■ TRY IT: Only the lines from the top of the data through the one with "-- the flag" are to be written out, each exactly as it stands.

■ Stored items:
▬▬▬▬▬▬▬▬▬▬
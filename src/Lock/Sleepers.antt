-- ===== src/Lock/Sleepers.antt =====
-- One task at a time owns the sleep lock, and a task that sleeps is in the queue.
use mankoros.Base.{
  ℕ, ◌+◌, ◌≤◌, ◌≡◌, ◌≢◌, refl, sym, ap, ◌∙◌, Bool, true, false, ◌==◌, if◌then◌else◌, update, List,
  [], ◌∷◌, ◌++◌, arith, ◌⊎◌, inl, inr, Bool-cases,
}
use mathlib.Core.Path.{subst}
use mankoros.Lock.Sleep.{
  new, poll, drop_guard, pop_front, TaskState, away, runs_lock, sleeps, owns, System, start, wake,
  woken, Step, asks, polled, gives_up, drops, Steps, stay, step,
}

-- how often a task waits in the queue
abbrev pub count : ℕ → List ℕ → ℕ
count t [] = 0
count t (w ∷ ws) = (if t == w then 1 else 0) + count t ws

abbrev pub as_sleeper : TaskState → ℕ
as_sleeper away = 0
as_sleeper runs_lock = 0
as_sleeper sleeps = 1
as_sleeper owns = 0

-- the flag is set exactly while one task owns the lock, and no other does
abbrev pub IsOwned : Bool → (ℕ → TaskState) → Type 0
IsOwned holding tasks =
    ((holding ≡ false) × ((t : ℕ) → tasks t ≢ owns))
    ⊎ ((o : ℕ) × (holding ≡ true) × (tasks o ≡ owns) × ((t : ℕ) → tasks t ≡ owns → t ≡ o))

-- one task at most owns the lock, which it does exactly while the flag is set, and a task that sleeps waits in
-- the queue
pub record IsSound (s : System) : Type 0 where
  pub owned : IsOwned s.inner.holding s.tasks
  pub queued : (t : ℕ) → as_sleeper (s.tasks t) ≤ count t s.inner.waiting

count-append :
    (t w : ℕ) (ws : List ℕ) → count t (ws ++ w ∷ []) ≡ count t ws + (if t == w then 1 else 0)
count-append t w [] = omega arith
count-append t w (v ∷ ws) = omega (arith, count-append t w ws)

pub update-here : (f : ℕ → TaskState) (t : ℕ) (x : TaskState) → update f t x t ≡ x
update-here f t x = ground arith

pub update-there : (f : ℕ → TaskState) (t u : ℕ) (x : TaskState) → u ≢ t → update f t x u ≡ f u
update-there f t u x h = ground arith

runs-owns : runs_lock ≢ owns
runs-owns h = absurd (cc)

sleeps-owns : sleeps ≢ owns
sleeps-owns h = absurd (cc)

away-owns : away ≢ owns
away-owns h = absurd (cc)

not_owner : (x : TaskState) → (x ≡ runs_lock) ⊎ (x ≡ sleeps) → x ≢ owns
not_owner x (inl h) e = runs-owns (sym h ∙ e)
not_owner x (inr h) e = sleeps-owns (sym h ∙ e)

-- what the waker of a task does to it: nothing, or it is polled again
woken-cases : (x : TaskState) → (woken x ≡ x) ⊎ ((x ≡ sleeps) × (woken x ≡ runs_lock))
woken-cases away = inl refl
woken-cases runs_lock = inl refl
woken-cases sleeps = inr (refl, refl)
woken-cases owns = inl refl

woken-sleeper : (x : TaskState) → as_sleeper (woken x) ≡ 0
woken-sleeper away = refl
woken-sleeper runs_lock = refl
woken-sleeper sleeps = refl
woken-sleeper owns = refl

IsOwned-cong : (b : Bool) (f g : ℕ → TaskState) → ((u : ℕ) → g u ≡ f u) → IsOwned b f → IsOwned b g
IsOwned-cong b f g h (inl (e, k)) = inl (e, λ u w. k u (sym (h u) ∙ w))
IsOwned-cong b f g h (inr (o, e, w, k)) = inr (o, e, h o ∙ w, λ u v. k u (sym (h u) ∙ v))

-- a task that does not own the lock changes to another state without it
IsOwned-other :
    (b : Bool) (f : ℕ → TaskState) (t : ℕ) (x : TaskState)
    → IsOwned b f
    → f t ≢ owns
    → x ≢ owns
    → IsOwned b (update f t x)
IsOwned-other b f t x (inl (e, h)) d c = inl (
  e,
  λ u g. elim (Bool-cases (u == t)) [
    | inl same ↦ c (ground (arith, same, g))
    | inr apart ↦ h u (ground (arith, apart, g))
  ],
)
IsOwned-other b f t x (inr (o, e, h, k)) d c =
    let apart : o ≢ t = λ same. d (ap f (sym same) ∙ h) in
    inr (
      o,
      e,
      update-there f t o x apart ∙ h,
      λ u g. elim (Bool-cases (u == t)) [
        | inl same ↦ absurd (c (ground (arith, same, g)))
        | inr away_ ↦ k u (ground (arith, away_, g))
      ],
    )

IsOwned-take :
    (b : Bool) (f : ℕ → TaskState) (t : ℕ)
    → IsOwned b f
    → b ≡ false
    → IsOwned true (update f t owns)
IsOwned-take b f t (inl (e, h)) z = inr (
  t,
  refl,
  update-here f t owns,
  λ u g. elim (Bool-cases (u == t)) [
    | inl same ↦ ground (arith, same)
    | inr apart ↦ absurd (h u (ground (arith, apart, g)))
  ],
)
IsOwned-take b f t (inr (o, e, h, k)) z = absurd (cc)

IsOwned-leave :
    (b : Bool) (f : ℕ → TaskState) (t : ℕ)
    → IsOwned b f
    → f t ≡ owns
    → IsOwned false (update f t away)
IsOwned-leave b f t (inl (e, h)) z = absurd (h t z)
IsOwned-leave b f t (inr (o, e, h, k)) z = inl (
  refl,
  λ u g. elim (Bool-cases (u == t)) [
    | inl same ↦ away-owns (ground (arith, same, g))
    | inr apart ↦
        let was : f u ≡ owns = ground (arith, apart, g) in
        let same : u ≡ t = k u was ∙ sym (k t z) in ground (arith, apart, same)
  ],
)

IsOwned-wake :
    (b : Bool) (f : ℕ → TaskState) (w : ℕ) → IsOwned b f → IsOwned b (update f w (woken (f w)))
IsOwned-wake b f w i = elim (woken-cases (f w)) [
  | inl same ↦
      IsOwned-cong b f (update f w (woken (f w)))
        (λ u. elim (Bool-cases (u == w)) [
          | inl here ↦
              let e : u ≡ w = ground (arith, here) in rw (e, update-here f w (woken (f w))) same
          | inr apart ↦ update-there f w u (woken (f w)) (ground (arith, apart))
        ])
        i
  | inr (asleep, polls) ↦
      rw polls (IsOwned-other b f w runs_lock i (not_owner (f w) (inr asleep)) runs-owns)
]

asks-IsSound :
    (s : System) (t : ℕ)
    → s.tasks t ≡ away
    → IsSound s
    → IsSound (record s { tasks = update s.tasks t runs_lock })
asks-IsSound s t h i = record {
  owned = IsOwned-other _ s.tasks t runs_lock i.owned (λ e. absurd (cc (h, e))) runs-owns;
  queued = λ u. ground (arith, i.queued u);
}

gives_up-IsSound :
    (s : System) (t : ℕ)
    → (s.tasks t ≡ runs_lock) ⊎ (s.tasks t ≡ sleeps)
    → IsSound s
    → IsSound (record s { tasks = update s.tasks t away })
gives_up-IsSound s t h i = record {
  owned = IsOwned-other _ s.tasks t away i.owned (not_owner (s.tasks t) h) away-owns;
  queued = λ u. ground (arith, i.queued u);
}

polled-IsSound :
    (s : System) (t : ℕ)
    → (s.tasks t ≡ runs_lock) ⊎ (s.tasks t ≡ sleeps)
    → IsSound s
    → IsSound (record {
      inner = (poll s.inner t).1;
      tasks = update s.tasks t (if (poll s.inner t).0 then owns else sleeps);
    })
unfolding poll
polled-IsSound s t h i = elim (Bool-cases s.inner.holding) [
  | inl held ↦ simp held (record {
    owned =
        IsOwned-other true s.tasks t sleeps (subst (λ b. IsOwned b s.tasks) held i.owned)
          (not_owner (s.tasks t) h) sleeps-owns;
    queued = λ u. ground (arith, i.queued u, count-append u t s.inner.waiting);
  })
  | inr free ↦ simp free (record {
    owned = IsOwned-take s.inner.holding s.tasks t i.owned free;
    queued = λ u. ground (arith, i.queued u);
  })
]

-- the drop of the guard, once the state of the queue is known
dropped-IsSound :
    (s : System) (t : ℕ) (ws : List ℕ)
    → s.inner.waiting ≡ ws
    → s.tasks t ≡ owns
    → IsSound s
    → IsSound (record {
      inner = (pop_front (record s.inner { holding = false }) ws).1;
      tasks = wake (pop_front (record s.inner { holding = false }) ws).0 (update s.tasks t away);
    })
dropped-IsSound s t [] e h i = record {
  owned = IsOwned-leave s.inner.holding s.tasks t i.owned h;
  queued = λ u. ground (arith, i.queued u);
}
dropped-IsSound s t (w ∷ ws) e h i =
    let q : (u : ℕ) → as_sleeper (s.tasks u) ≤ count u (w ∷ ws) =
      λ u. subst (λ l. as_sleeper (s.tasks u) ≤ count u l) e (i.queued u) in
    record {
      owned =
          IsOwned-wake false (update s.tasks t away) w
            (IsOwned-leave s.inner.holding s.tasks t i.owned h);
      queued = λ u. ground (arith, q u, woken-sleeper (update s.tasks t away w));
    }

pub Step-IsSound : (s t : System) → Step s t → IsSound s → IsSound t
unfolding drop_guard
Step-IsSound s t (asks u h) i = asks-IsSound s u h i
Step-IsSound s t (polled u h) i = polled-IsSound s u h i
Step-IsSound s t (gives_up u h) i = gives_up-IsSound s u h i
Step-IsSound s t (drops u h) i = dropped-IsSound s u s.inner.waiting refl h i

-- Through any steps of the tasks, which may poll without being woken, from a state where that is
-- so, one task at most owns the sleep lock, which it does exactly while the flag is set, and every
-- task that sleeps is in the queue.
pub Steps-IsSound : (s t : System) → Steps s t → IsSound s → IsSound t
Steps-IsSound s t stay i = i
Steps-IsSound s t (step {t = u} p q) i = Steps-IsSound u t q (Step-IsSound s u p i)

pub start-IsSound : IsSound start
unfolding start new
start-IsSound = record { owned = inl (refl, λ t. away-owns); queued = λ t. omega arith }

-- No two tasks own the lock at once, whatever the tasks did since the start.
pub start-excludes :
    (s : System) (t u : ℕ) → Steps start s → s.tasks t ≡ owns → s.tasks u ≡ owns → t ≡ u
start-excludes s t u p h k = elim (Steps-IsSound start s p start-IsSound).owned [
  | inl (e, none_owns) ↦ absurd (none_owns t h)
  | inr (o, e, f, one) ↦ one t h ∙ sym (one u k)
]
▬▬▬▬▬▬▬▬▬▬
■ SOLUTION TO THIS PROBLEM:
filename src/Lock/Sleepers.antt
-- ===== src/Lock/Sleepers.antt =====
-- One task at a time owns the sleep lock, and a task that sleeps is in the queue.
use mankoros.Base.{
  ℕ, ◌+◌, ◌≤◌, ◌≡◌, ◌≢◌, refl, sym, ap, ◌∙◌, Bool, true, false, ◌==◌, if◌then◌else◌, update, List,
  [], ◌∷◌, ◌++◌, arith, ◌⊎◌, inl, inr, Bool-cases,
}
use mathlib.Core.Path.{subst}
use mankoros.Lock.Sleep.{
  new, poll, drop_guard, pop_front, TaskState, away, runs_lock, sleeps, owns, System, start, wake,
  woken, Step, asks, polled, gives_up, drops, Steps, stay, step,
}

-- how often a task waits in the queue
abbrev pub count : ℕ → List ℕ → ℕ
count t [] = 0
count t (w ∷ ws) = (if t == w then 1 else 0) + count t ws

abbrev pub as_sleeper : TaskState → ℕ
as_sleeper away = 0
as_sleeper runs_lock = 0
as_sleeper sleeps = 1
as_sleeper owns = 0

-- the flag is set exactly while one task owns the lock, and no other does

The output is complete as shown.